(Data excerpts Opens)

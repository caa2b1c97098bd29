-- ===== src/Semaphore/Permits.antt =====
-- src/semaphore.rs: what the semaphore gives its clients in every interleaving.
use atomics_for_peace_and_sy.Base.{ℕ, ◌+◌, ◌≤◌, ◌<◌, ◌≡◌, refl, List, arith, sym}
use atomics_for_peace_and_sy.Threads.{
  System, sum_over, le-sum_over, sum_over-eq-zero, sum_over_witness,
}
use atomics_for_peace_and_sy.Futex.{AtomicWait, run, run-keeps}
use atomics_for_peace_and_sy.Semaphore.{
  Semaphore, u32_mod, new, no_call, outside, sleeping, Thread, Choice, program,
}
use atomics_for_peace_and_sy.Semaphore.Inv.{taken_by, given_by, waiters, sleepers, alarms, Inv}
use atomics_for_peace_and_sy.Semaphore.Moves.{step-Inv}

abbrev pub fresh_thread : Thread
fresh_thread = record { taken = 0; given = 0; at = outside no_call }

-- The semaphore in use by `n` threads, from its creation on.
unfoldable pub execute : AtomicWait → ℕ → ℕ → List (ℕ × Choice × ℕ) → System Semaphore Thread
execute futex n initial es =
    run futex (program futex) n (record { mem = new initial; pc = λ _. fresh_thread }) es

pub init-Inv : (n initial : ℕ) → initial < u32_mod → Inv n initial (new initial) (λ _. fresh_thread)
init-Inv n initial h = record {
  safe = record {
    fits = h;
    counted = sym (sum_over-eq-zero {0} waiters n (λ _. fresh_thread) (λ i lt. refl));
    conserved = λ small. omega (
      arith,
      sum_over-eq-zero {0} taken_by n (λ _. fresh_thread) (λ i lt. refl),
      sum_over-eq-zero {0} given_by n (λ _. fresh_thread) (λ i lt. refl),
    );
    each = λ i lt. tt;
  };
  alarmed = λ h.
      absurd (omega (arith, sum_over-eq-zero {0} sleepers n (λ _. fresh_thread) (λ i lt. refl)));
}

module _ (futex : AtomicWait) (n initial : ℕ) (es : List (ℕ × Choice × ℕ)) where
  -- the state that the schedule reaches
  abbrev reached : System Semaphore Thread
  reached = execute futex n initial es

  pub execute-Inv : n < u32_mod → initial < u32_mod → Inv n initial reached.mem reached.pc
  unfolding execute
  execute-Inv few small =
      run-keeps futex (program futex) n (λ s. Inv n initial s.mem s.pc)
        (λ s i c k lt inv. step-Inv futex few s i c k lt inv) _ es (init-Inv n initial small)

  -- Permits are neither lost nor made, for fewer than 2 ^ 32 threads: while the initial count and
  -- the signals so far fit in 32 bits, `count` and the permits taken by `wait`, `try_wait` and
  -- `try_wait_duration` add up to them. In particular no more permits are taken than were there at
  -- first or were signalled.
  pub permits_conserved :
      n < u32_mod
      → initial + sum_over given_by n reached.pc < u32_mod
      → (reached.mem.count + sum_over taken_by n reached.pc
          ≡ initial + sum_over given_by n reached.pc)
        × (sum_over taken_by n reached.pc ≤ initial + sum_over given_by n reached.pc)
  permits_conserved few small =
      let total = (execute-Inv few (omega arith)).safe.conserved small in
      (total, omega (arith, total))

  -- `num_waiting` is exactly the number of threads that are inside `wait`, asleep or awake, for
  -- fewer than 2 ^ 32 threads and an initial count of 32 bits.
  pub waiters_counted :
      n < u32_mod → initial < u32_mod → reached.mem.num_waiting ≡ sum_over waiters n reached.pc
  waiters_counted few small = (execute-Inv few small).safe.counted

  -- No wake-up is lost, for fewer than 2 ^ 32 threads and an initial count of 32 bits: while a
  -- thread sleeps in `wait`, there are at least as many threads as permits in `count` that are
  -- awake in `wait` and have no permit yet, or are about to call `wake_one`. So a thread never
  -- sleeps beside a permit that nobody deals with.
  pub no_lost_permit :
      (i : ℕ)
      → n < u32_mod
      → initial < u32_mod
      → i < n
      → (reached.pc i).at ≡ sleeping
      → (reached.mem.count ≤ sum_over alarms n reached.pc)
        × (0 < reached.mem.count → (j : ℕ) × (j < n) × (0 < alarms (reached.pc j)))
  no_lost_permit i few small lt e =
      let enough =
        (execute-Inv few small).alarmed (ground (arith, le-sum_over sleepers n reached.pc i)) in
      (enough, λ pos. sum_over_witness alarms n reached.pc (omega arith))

(Data excerpts Closes)

Goal of the exercise
From top to bottom, repeat the data above without alteration.

Task output
repository caa2b1c97098bd29
-- ===== src/Semaphore/Permits.antt =====
-- src/semaphore.rs: what the semaphore gives its clients in every interleaving.
use atomics_for_peace_and_sy.Base.{ℕ, ◌+◌, ◌≤◌, ◌<◌, ◌≡◌, refl, List, arith, sym}
use atomics_for_peace_and_sy.Threads.{
  System, sum_over, le-sum_over, sum_over-eq-zero, sum_over_witness,
}
use atomics_for_peace_and_sy.Futex.{AtomicWait, run, run-keeps}
use atomics_for_peace_and_sy.Semaphore.{
  Semaphore, u32_mod, new, no_call, outside, sleeping, Thread, Choice, program,
}
use atomics_for_peace_and_sy.Semaphore.Inv.{taken_by, given_by, waiters, sleepers, alarms, Inv}
use atomics_for_peace_and_sy.Semaphore.Moves.{step-Inv}

abbrev pub fresh_thread : Thread
fresh_thread = record { taken = 0; given = 0; at = outside no_call }

-- The semaphore in use by `n` threads, from its creation on.
unfoldable pub execute : AtomicWait → ℕ → ℕ → List (ℕ × Choice × ℕ) → System Semaphore Thread
execute futex n initial es =
    run futex (program futex) n (record { mem = new initial; pc = λ _. fresh_thread }) es

pub init-Inv : (n initial : ℕ) → initial < u32_mod → Inv n initial (new initial) (λ _. fresh_thread)
init-Inv n initial h = record {
  safe = record {
    fits = h;
    counted = sym (sum_over-eq-zero {0} waiters n (λ _. fresh_thread) (λ i lt. refl));
    conserved = λ small. omega (
      arith,
      sum_over-eq-zero {0} taken_by n (λ _. fresh_thread) (λ i lt. refl),
      sum_over-eq-zero {0} given_by n (λ _. fresh_thread) (λ i lt. refl),
    );
    each = λ i lt. tt;
  };
  alarmed = λ h.
      absurd (omega (arith, sum_over-eq-zero {0} sleepers n (λ _. fresh_thread) (λ i lt. refl)));
}

module _ (futex : AtomicWait) (n initial : ℕ) (es : List (ℕ × Choice × ℕ)) where
  -- the state that the schedule reaches
  abbrev reached : System Semaphore Thread
  reached = execute futex n initial es

  pub execute-Inv : n < u32_mod → initial < u32_mod → Inv n initial reached.mem reached.pc
  unfolding execute
  execute-Inv few small =
      run-keeps futex (program futex) n (λ s. Inv n initial s.mem s.pc)
        (λ s i c k lt inv. step-Inv futex few s i c k lt inv) _ es (init-Inv n initial small)

  -- Permits are neither lost nor made, for fewer than 2 ^ 32 threads: while the initial count and
  -- the signals so far fit in 32 bits, `count` and the permits taken by `wait`, `try_wait` and
  -- `try_wait_duration` add up to them. In particular no more permits are taken than were there at
  -- first or were signalled.
  pub permits_conserved :
      n < u32_mod
      → initial + sum_over given_by n reached.pc < u32_mod
      → (reached.mem.count + sum_over taken_by n reached.pc
          ≡ initial + sum_over given_by n reached.pc)
        × (sum_over taken_by n reached.pc ≤ initial + sum_over given_by n reached.pc)
  permits_conserved few small =
      let total = (execute-Inv few (omega arith)).safe.conserved small in
      (total, omega (arith, total))

  -- `num_waiting` is exactly the number of threads that are inside `wait`, asleep or awake, for
  -- fewer than 2 ^ 32 threads and an initial count of 32 bits.
  pub waiters_counted :
      n < u32_mod → initial < u32_mod → reached.mem.num_waiting ≡ sum_over waiters n reached.pc
  waiters_counted few small = (execute-Inv few small).safe.counted

  -- No wake-up is lost, for fewer than 2 ^ 32 threads and an initial count of 32 bits: while a
  -- thread sleeps in `wait`, there are at least as many threads as permits in `count` that are
  -- awake in `wait` and have no permit yet, or are about to call `wake_one`. So a thread never
  -- sleeps beside a permit that nobody deals with.
  pub no_lost_permit :
      (i : ℕ)
      → n < u32_mod
      → initial < u32_mod
      → i < n
      → (reached.pc i).at ≡ sleeping
      → (reached.mem.count ≤ sum_over alarms n reached.pc)
        × (0 < reached.mem.count → (j : ℕ) × (j < n) × (0 < alarms (reached.pc j)))
  no_lost_permit i few small lt e =
      let enough =
        (execute-Inv few small).alarmed (ground (arith, le-sum_over sleepers n reached.pc i)) in
      (enough, λ pos. sum_over_witness alarms n reached.pc (omega arith))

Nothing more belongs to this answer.